Directions:
Every line in the records below between the one holding "ping-Reaches l idle" and the one holding "-- What the", inclusive, is to be set down exactly; all other lines are to be left out.

Records:

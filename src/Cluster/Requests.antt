-- ===== src/Cluster/Requests.antt =====
-- What one request over an idle link comes to (crates/trust-kernel/src/cluster_mux.rs).
use spaceshuttle.Prelude.{
  ℕ, ◌≡◌, refl, sym, subst, ap, ◌∙◌, List, [], ◌∷◌, Option, none, some, String, true, inl, inr,
  Bool-cases, str_eq, eq_iff, ◌==◌, ==_iff, length, add64,
}
use spaceshuttle.Prelude.Text.{format}
use spaceshuttle.Cluster.BlockStore
use spaceshuttle.Cluster.BlockStore.{BlockStore, StoredBlock, lookup, lookup-insert, insert, served}
use spaceshuttle.Cluster.Frames.{io_ok, fetch_frame, ping_frame, response_frame, Answer, answered}
use spaceshuttle.Cluster.Streaming.{read_chunks_whole}
use spaceshuttle.Cluster.HashCache.{
  HashCache, VerifyResult, full_verify, cache_hit, read_payload_cached, is_verified, after_hit,
  after_miss,
}
use spaceshuttle.Cluster.Server.{
  Message, replied, mismatches, ClusterMuxServer, handle_frame, next_frame, dispatch,
  handle_mux_connection, fetch_response,
}
use spaceshuttle.Cluster.Client.{
  Link, MuxClient, count_answer, on_client, connected, request, ping, fetch_block, exchange,
  ensure_connected, read_frame, read_block, take_payload, ping_reply, next_channel_id,
}
use spaceshuttle.Cluster.Spec.{found}

-- Nothing waits unread on the connection.
abbrev pub IsIdle : Option (List Message) → Type 0
IsIdle none = Unit
IsIdle (some []) = Unit
IsIdle (some (_ ∷ _)) = ⊥

pub ensure_connected_idle :
    (connection : Option (List Message))
    → IsIdle connection
    → ensure_connected connection none ≡ answered []
unfolding ensure_connected
ensure_connected_idle none h = refl
ensure_connected_idle (some []) h = refl
ensure_connected_idle (some (m ∷ ms)) h = absurd h

pub str_eq_refl : (s : String) → str_eq s s ≡ true
str_eq_refl s = (eq_iff s s).1 refl

pub ==_refl : (n : ℕ) → (n == n) ≡ true
==_refl n = (==_iff n n).1 refl

module _ (sha256_hex : List ℕ → String) where
  -- A payload that came whole is read whole, whether its hash is computed or not.
  pub read_payload_cached_whole :
      (block : List ℕ) (block_index : ℕ) (cache : HashCache)
      → (after : HashCache) × (result : VerifyResult) × (read_payload_cached sha256_hex
            (length block)
            (sha256_hex block)
            block_index
            cache
            block
          ≡ (after, io_ok (block, sha256_hex block, result, [])))
  unfolding read_payload_cached after_hit after_miss
  read_payload_cached_whole block block_index cache =
      elim (Bool-cases (is_verified cache block_index (sha256_hex block))) [
        | inl hit ↦ (
          (after_hit cache (length block) (sha256_hex block) (io_ok (block, block, []))).0,
          cache_hit (sha256_hex block),
          rw (hit, read_chunks_whole block) refl,
        )
        | inr miss ↦ (
          (after_miss cache block_index (io_ok (block, sha256_hex block, []))).0,
          full_verify (sha256_hex block),
          rw (miss, read_chunks_whole block) refl,
        )
      ]

  -- The call ends with this server and this answer, and nothing is left unread.
  abbrev pub Reaches {ℓ} : {A : Type ℓ} → Link × Answer A → ClusterMuxServer → Answer A → Type ℓ
  Reaches r server answer = IsIdle r.0.client.connection × (r.0.server ≡ server) × (r.1 ≡ answer)

  -- The client as it reads the one response to its one message.
  abbrev pub reading : Link → ClusterMuxServer → Message → Link
  reading l server reply = record {
    client = record (next_channel_id l.client) { connection = some (reply ∷ []) };
    server = server;
  }

  -- On an idle connection, a request reads the server's reply to its message.
  pub request_reads {ℓ} :
      {A : Type ℓ} (l : Link) (message reply : Message) (server : ClusterMuxServer)
      (finish : MuxClient × Option Message → MuxClient × Answer A)
      → IsIdle l.client.connection
      → handle_frame sha256_hex l.server message ≡ (server, replied reply)
      → request sha256_hex l none message finish
        ≡ on_client sha256_hex (λ c. finish (read_frame c)) (reading l server reply)
  unfolding request exchange handle_mux_connection next_channel_id
  request_reads l message reply server finish idle handled =
      ap
        (λ state.
          connected sha256_hex l
            (λ unread.
              on_client sha256_hex (λ c. finish (read_frame c))
                (exchange sha256_hex (record l { client = next_channel_id l.client }) unread
                  (message ∷ [])))
            state)
        (ensure_connected_idle l.client.connection idle)
      ∙ ap
          (λ handling.
            on_client sha256_hex (λ c. finish (read_frame c))
              (let (server', responses) = next_frame sha256_hex (λ s'. (s', [])) handling in
                record {
                  client = record (next_channel_id l.client) { connection = some responses };
                  server = server';
                }))
          handled

  abbrev pub counted : Link → ClusterMuxServer
  counted l = record l.server { frames_handled = add64 l.server.frames_handled 1 }

  pub ping-Reaches :
      (l : Link)
      → IsIdle l.client.connection
      → Reaches (ping sha256_hex l none) (counted l) (answered tt)
  unfolding ping handle_frame dispatch read_frame ping_reply next_channel_id
  ping-Reaches l idle =
      subst (λ r. Reaches r (counted l) (answered tt))
        (sym (
          request_reads l (ping_frame l.client.next_channel l.client.from_aint, [])
            (
              response_frame l.client.next_channel 200 0 "" 0 0
                  (format ("mux_pong_" ∷ l.server.kernel_aint ∷ [])) none,
              [],
            )
            (counted l) ping_reply idle refl))
        (tt, refl, refl)

  module _ (l : Link) (block_index : ℕ) (expected : Option String) (bus_seq : ℕ)
      (idle : IsIdle l.client.connection) where
    -- A fetch reads what the server makes of its lookup.
    fetch_reads :
        (server : ClusterMuxServer) (reply : Message)
        → handle_frame sha256_hex l.server
            (fetch_frame l.client.next_channel block_index l.client.from_aint expected bus_seq, [])
          ≡ (server, replied reply)
        → fetch_block sha256_hex l none block_index expected bus_seq
          ≡ on_client sha256_hex
              (λ c.
                count_answer
                  (read_block sha256_hex "Unexpected frame type" block_index (read_frame c)))
              (reading l server reply)
    unfolding fetch_block
    fetch_reads server reply handled =
        request_reads l
          (fetch_frame l.client.next_channel block_index l.client.from_aint expected bus_seq, [])
          reply server
          (λ response.
            count_answer (read_block sha256_hex "Unexpected frame type" block_index response))
          idle handled

    -- What the server makes of it, given what its store answers.
    pub fetch_handled :
        (store : BlockStore) (found_block : Option StoredBlock)
        → BlockStore.fetch l.server.store block_index ≡ (store, found_block)
        → handle_frame sha256_hex l.server
            (fetch_frame l.client.next_channel block_index l.client.from_aint expected bus_seq, [])
          ≡ (
            record (counted l) { store = store },
            replied (fetch_response l.client.next_channel block_index expected found_block),
          )
    unfolding handle_frame dispatch
    fetch_handled store found_block e =
        ap
          (λ fetched. (
            record (counted l) { store = fetched.0 },
            replied (fetch_response l.client.next_channel block_index expected fetched.1),
          ))
          e

    pub fetch_missing :
        lookup block_index l.server.store.blocks ≡ none
        → Reaches
            (fetch_block sha256_hex l none block_index expected bus_seq)
            (counted l)
            (found sha256_hex block_index expected none)
    unfolding BlockStore.fetch fetch_response read_frame next_channel_id read_block
    fetch_missing gone =
        subst (λ r. Reaches r (counted l) (found sha256_hex block_index expected none))
          (sym (
            fetch_reads (counted l) (fetch_response l.client.next_channel block_index expected none)
              (fetch_handled l.server.store none (rw (gone, BlockStore.fetch) refl))))
          (tt, refl, refl)

    abbrev pub serving : StoredBlock → ClusterMuxServer
    serving b = record (counted l) {
      store = record l.server.store {
        blocks = insert block_index (served b) l.server.store.blocks;
        blocks_served = add64 l.server.store.blocks_served 1;
      };
    }

    pub fetch_found :
        (b : StoredBlock)
        → lookup block_index l.server.store.blocks ≡ some b
        → b.content_hash ≡ sha256_hex b.data_bytes
        → Reaches
            (fetch_block sha256_hex l none block_index expected bus_seq)
            (serving b)
            (found sha256_hex block_index expected (some b.data_bytes))
    unfolding BlockStore.fetch fetch_response read_frame next_channel_id read_block take_payload
    fetch_found b is_there good =
        subst
          (λ r. Reaches r (serving b) (found sha256_hex block_index expected (some b.data_bytes)))
          (sym (
            fetch_reads (serving b)
              (fetch_response l.client.next_channel block_index expected (some (served b)))
              (fetch_handled (serving b).store (some (served b))
                (rw (is_there, BlockStore.fetch) refl))))
          (elim (Bool-cases (mismatches expected (sha256_hex b.data_bytes))) [
            | inl bad ↦ rw (good, bad) (tt, refl, refl)
            | inr same ↦
                let (after, result, whole) =
                  read_payload_cached_whole b.data_bytes block_index l.client.hash_cache in
                rw
                  (
                    good,
                    same,
                    ==_refl (length b.data_bytes),
                    whole,
                    str_eq_refl (sha256_hex b.data_bytes),
                  )
                  (tt, refl, refl)
          ])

Result:
  ping-Reaches l idle =
      subst (λ r. Reaches r (counted l) (answered tt))
        (sym (
          request_reads l (ping_frame l.client.next_channel l.client.from_aint, [])
            (
              response_frame l.client.next_channel 200 0 "" 0 0
                  (format ("mux_pong_" ∷ l.server.kernel_aint ∷ [])) none,
              [],
            )
            (counted l) ping_reply idle refl))
        (tt, refl, refl)

  module _ (l : Link) (block_index : ℕ) (expected : Option String) (bus_seq : ℕ)
      (idle : IsIdle l.client.connection) where
    -- A fetch reads what the server makes of its lookup.
    fetch_reads :
        (server : ClusterMuxServer) (reply : Message)
        → handle_frame sha256_hex l.server
            (fetch_frame l.client.next_channel block_index l.client.from_aint expected bus_seq, [])
          ≡ (server, replied reply)
        → fetch_block sha256_hex l none block_index expected bus_seq
          ≡ on_client sha256_hex
              (λ c.
                count_answer
                  (read_block sha256_hex "Unexpected frame type" block_index (read_frame c)))
              (reading l server reply)
    unfolding fetch_block
    fetch_reads server reply handled =
        request_reads l
          (fetch_frame l.client.next_channel block_index l.client.from_aint expected bus_seq, [])
          reply server
          (λ response.
            count_answer (read_block sha256_hex "Unexpected frame type" block_index response))
          idle handled

    -- What the server makes of it, given what its store answers.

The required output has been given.